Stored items
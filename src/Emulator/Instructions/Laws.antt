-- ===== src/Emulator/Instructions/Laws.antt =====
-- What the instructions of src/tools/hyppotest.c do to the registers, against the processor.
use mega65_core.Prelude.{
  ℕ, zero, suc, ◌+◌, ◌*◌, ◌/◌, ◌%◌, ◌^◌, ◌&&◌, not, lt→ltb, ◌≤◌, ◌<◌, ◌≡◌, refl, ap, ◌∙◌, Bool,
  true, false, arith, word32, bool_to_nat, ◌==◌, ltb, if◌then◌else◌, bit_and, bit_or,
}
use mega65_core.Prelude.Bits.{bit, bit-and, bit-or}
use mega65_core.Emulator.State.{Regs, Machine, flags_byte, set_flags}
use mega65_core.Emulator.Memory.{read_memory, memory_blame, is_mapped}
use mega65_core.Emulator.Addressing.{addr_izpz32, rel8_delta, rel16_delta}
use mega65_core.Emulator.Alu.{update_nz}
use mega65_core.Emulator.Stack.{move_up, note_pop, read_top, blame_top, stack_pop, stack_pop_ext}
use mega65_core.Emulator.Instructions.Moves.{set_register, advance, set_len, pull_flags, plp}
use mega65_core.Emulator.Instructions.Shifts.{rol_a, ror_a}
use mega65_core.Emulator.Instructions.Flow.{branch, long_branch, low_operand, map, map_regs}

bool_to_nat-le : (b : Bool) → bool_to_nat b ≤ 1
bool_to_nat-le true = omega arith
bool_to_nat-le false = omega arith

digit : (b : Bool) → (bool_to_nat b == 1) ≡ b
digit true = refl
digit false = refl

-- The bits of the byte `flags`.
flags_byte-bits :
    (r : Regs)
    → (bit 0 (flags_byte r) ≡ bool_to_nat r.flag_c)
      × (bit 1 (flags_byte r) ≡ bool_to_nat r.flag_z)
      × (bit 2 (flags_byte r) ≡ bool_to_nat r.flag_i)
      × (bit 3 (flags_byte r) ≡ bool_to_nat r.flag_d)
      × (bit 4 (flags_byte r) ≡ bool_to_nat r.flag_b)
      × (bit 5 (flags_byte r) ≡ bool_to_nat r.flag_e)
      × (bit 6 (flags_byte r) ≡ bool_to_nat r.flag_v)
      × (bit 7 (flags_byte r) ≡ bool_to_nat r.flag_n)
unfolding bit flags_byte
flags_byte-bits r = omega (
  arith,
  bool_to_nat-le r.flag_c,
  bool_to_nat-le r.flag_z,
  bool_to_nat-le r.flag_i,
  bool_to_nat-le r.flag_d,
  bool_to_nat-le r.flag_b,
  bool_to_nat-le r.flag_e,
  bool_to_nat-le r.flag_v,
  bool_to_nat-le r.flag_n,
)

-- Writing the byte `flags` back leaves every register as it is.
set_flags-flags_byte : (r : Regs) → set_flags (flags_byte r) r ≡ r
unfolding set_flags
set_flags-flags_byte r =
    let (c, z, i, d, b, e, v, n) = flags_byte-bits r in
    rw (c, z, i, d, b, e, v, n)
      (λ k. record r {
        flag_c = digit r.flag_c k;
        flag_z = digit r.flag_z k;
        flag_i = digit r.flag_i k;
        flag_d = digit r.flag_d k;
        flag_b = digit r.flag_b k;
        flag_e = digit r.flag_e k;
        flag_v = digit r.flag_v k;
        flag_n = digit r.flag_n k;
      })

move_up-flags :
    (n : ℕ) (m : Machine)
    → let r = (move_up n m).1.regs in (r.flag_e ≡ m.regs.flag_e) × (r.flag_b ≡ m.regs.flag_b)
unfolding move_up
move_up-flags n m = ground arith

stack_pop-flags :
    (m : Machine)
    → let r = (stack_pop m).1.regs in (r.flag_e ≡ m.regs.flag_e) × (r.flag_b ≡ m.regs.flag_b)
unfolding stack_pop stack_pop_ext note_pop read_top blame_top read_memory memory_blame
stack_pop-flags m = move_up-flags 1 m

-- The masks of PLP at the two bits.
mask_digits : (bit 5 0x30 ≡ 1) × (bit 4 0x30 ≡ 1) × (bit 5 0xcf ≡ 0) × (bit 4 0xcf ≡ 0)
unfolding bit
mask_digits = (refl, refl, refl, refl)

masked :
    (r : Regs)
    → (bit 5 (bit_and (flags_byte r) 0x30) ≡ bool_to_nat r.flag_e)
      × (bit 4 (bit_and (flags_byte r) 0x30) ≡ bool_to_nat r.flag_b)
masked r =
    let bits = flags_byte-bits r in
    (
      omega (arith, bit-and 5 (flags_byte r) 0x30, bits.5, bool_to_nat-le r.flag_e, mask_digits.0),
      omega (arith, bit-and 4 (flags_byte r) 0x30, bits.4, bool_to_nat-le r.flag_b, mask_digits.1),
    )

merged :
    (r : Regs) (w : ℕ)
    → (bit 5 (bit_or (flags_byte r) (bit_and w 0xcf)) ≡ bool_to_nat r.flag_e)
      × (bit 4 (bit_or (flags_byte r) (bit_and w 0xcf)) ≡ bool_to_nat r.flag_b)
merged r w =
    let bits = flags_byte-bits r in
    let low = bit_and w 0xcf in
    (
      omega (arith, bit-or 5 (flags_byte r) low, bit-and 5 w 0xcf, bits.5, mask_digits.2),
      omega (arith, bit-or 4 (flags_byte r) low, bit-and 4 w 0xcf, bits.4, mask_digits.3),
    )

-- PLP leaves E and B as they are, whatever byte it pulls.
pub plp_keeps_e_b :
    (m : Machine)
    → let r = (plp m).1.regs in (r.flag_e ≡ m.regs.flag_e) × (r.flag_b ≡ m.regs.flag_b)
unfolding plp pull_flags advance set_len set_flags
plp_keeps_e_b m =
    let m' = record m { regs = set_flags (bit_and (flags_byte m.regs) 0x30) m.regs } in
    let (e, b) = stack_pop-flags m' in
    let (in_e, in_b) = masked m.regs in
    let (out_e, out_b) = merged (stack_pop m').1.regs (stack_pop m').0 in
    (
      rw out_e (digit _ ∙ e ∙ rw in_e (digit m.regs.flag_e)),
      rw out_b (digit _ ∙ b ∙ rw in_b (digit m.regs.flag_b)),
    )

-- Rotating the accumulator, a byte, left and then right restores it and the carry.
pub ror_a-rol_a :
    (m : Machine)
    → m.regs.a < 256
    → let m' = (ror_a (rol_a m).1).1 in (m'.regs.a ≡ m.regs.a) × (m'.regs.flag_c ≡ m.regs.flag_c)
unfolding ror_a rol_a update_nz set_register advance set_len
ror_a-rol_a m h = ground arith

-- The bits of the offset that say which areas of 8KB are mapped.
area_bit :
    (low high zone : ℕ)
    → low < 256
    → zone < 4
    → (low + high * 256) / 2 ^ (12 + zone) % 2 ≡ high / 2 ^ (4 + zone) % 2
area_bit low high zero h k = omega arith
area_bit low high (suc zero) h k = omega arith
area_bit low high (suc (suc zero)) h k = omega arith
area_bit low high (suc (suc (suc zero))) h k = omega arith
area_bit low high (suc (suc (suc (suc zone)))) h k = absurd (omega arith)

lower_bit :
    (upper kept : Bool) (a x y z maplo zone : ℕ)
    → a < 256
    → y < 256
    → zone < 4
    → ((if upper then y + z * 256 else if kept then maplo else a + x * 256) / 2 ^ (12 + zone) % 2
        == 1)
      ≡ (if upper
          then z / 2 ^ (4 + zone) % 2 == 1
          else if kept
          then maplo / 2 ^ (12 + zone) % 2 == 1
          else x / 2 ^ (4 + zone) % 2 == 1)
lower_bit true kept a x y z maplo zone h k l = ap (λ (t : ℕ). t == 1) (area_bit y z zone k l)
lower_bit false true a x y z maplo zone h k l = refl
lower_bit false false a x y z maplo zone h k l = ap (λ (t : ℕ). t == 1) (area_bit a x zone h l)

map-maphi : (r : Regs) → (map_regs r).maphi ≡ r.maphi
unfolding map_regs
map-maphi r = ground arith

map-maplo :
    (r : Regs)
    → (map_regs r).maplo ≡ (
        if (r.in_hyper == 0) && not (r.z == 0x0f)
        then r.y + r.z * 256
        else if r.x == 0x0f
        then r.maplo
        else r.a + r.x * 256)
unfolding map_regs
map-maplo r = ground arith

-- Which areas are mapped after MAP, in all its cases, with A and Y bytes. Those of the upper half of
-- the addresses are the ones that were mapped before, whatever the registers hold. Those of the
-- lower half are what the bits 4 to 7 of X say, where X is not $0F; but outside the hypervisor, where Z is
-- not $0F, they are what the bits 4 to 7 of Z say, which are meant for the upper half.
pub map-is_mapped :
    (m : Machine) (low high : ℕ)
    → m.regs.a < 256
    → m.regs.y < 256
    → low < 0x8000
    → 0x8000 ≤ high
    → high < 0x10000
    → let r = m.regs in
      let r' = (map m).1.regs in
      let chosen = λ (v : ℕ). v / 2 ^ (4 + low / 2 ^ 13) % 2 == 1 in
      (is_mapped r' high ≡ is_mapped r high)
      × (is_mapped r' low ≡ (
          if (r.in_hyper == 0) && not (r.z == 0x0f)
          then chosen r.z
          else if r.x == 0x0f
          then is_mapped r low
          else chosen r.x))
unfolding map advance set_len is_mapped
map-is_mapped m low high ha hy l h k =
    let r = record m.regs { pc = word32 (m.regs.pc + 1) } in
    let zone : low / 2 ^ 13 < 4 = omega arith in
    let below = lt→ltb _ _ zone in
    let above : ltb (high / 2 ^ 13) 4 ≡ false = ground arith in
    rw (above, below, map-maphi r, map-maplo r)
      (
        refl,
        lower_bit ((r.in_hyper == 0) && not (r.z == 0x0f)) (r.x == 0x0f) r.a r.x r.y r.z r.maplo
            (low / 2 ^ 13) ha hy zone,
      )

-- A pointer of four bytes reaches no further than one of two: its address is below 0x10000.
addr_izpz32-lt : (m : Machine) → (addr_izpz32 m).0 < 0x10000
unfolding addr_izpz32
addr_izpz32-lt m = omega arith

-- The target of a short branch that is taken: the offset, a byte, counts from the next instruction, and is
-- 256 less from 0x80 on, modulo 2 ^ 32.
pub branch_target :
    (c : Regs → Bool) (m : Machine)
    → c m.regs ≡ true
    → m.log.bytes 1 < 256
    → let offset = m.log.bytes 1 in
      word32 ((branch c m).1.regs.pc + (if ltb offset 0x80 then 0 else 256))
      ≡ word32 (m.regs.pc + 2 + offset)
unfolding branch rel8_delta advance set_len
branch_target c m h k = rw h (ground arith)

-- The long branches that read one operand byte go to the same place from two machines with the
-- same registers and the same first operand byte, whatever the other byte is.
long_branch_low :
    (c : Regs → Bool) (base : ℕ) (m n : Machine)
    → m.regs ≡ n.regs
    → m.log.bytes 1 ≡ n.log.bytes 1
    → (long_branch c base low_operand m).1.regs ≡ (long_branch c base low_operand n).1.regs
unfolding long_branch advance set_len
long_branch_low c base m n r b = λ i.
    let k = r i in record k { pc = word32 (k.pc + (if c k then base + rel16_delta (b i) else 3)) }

■ **Assignment**: In the entries above, find the line containing "(c : Regs → Bool) (base". Set down that line and every line after it through the last one, exactly and alone.

■ **Result of the exercise**:
    (c : Regs → Bool) (base : ℕ) (m n : Machine)
    → m.regs ≡ n.regs
    → m.log.bytes 1 ≡ n.log.bytes 1
    → (long_branch c base low_operand m).1.regs ≡ (long_branch c base low_operand n).1.regs
unfolding long_branch advance set_len
long_branch_low c base m n r b = λ i.
    let k = r i in record k { pc = word32 (k.pc + (if c k then base + rel16_delta (b i) else 3)) }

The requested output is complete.